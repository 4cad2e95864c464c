-- ===== src/Plan/Tests.antt =====
-- The theorems about plans at concrete plans.
use graphori.Common.{ℕ, String, ◌≢◌, ◌∷◌, [], Perm}
use graphori.Plan.Samples.{diamond, diamond_built, build-diamond, looped, build-looped}
use graphori.Plan.Resolve.{out_of_fuel, dependency_cycle}
use graphori.Plan.Resolve.Ranked.{IsRanked}
use graphori.Plan.Build.{arranged}
use graphori.Plan.Build.Accepted.{IsWellFormed, build_plan-IsWellFormed}
use graphori.Plan.Build.Cycles.{build_plan-cycle}

build_plan-IsWellFormed_example :
    IsWellFormed diamond_built × Perm diamond_built.nodes diamond.nodes
build_plan-IsWellFormed_example = build_plan-IsWellFormed diamond diamond_built build-diamond

build_plan-cycle_example :
    (dependency_cycle ("a" ∷ "b" ∷ []) ≢ out_of_fuel)
    × ((rank : String → ℕ) → ¬ IsRanked rank (arranged looped).nodes)
build_plan-cycle_example = build_plan-cycle looped (dependency_cycle ("a" ∷ "b" ∷ [])) build-looped
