-- ===== src/Reducer.antt =====
-- The reducer of events: src/graphori_core/reducer.py.
pub mod State
pub mod Snapshot
pub mod Steps
pub mod Runs
pub mod Work
pub mod Bindings
pub mod Verdicts
pub mod Platforms
pub mod Apply
pub mod Contract
mod Counts
mod Nodes
mod Moved
mod Leads
mod Handlers
mod Judged
mod Grown
mod Recorded
mod Synced
mod Reaches
mod Passed
mod Laws
mod Samples
mod Tests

◆ WORK INSTRUCTION
Write out all of the records exactly as they stand above.

◆ FINISHED EXERCISE
repository 4cad2e95864c464c
-- ===== src/Plan/Tests.antt =====
-- The theorems about plans at concrete plans.
use graphori.Common.{ℕ, String, ◌≢◌, ◌∷◌, [], Perm}
use graphori.Plan.Samples.{diamond, diamond_built, build-diamond, looped, build-looped}
use graphori.Plan.Resolve.{out_of_fuel, dependency_cycle}
use graphori.Plan.Resolve.Ranked.{IsRanked}
use graphori.Plan.Build.{arranged}
use graphori.Plan.Build.Accepted.{IsWellFormed, build_plan-IsWellFormed}
use graphori.Plan.Build.Cycles.{build_plan-cycle}

build_plan-IsWellFormed_example :
    IsWellFormed diamond_built × Perm diamond_built.nodes diamond.nodes
build_plan-IsWellFormed_example = build_plan-IsWellFormed diamond diamond_built build-diamond

build_plan-cycle_example :
    (dependency_cycle ("a" ∷ "b" ∷ []) ≢ out_of_fuel)
    × ((rank : String → ℕ) → ¬ IsRanked rank (arranged looped).nodes)
build_plan-cycle_example = build_plan-cycle looped (dependency_cycle ("a" ∷ "b" ∷ [])) build-looped
-- ===== src/Reducer.antt =====
-- The reducer of events: src/graphori_core/reducer.py.
pub mod State
pub mod Snapshot
pub mod Steps
pub mod Runs
pub mod Work
pub mod Bindings
pub mod Verdicts
pub mod Platforms
pub mod Apply
pub mod Contract
mod Counts
mod Nodes
mod Moved
mod Leads
mod Handlers
mod Judged
mod Grown
mod Recorded
mod Synced
mod Reaches
mod Passed
mod Laws
mod Samples
mod Tests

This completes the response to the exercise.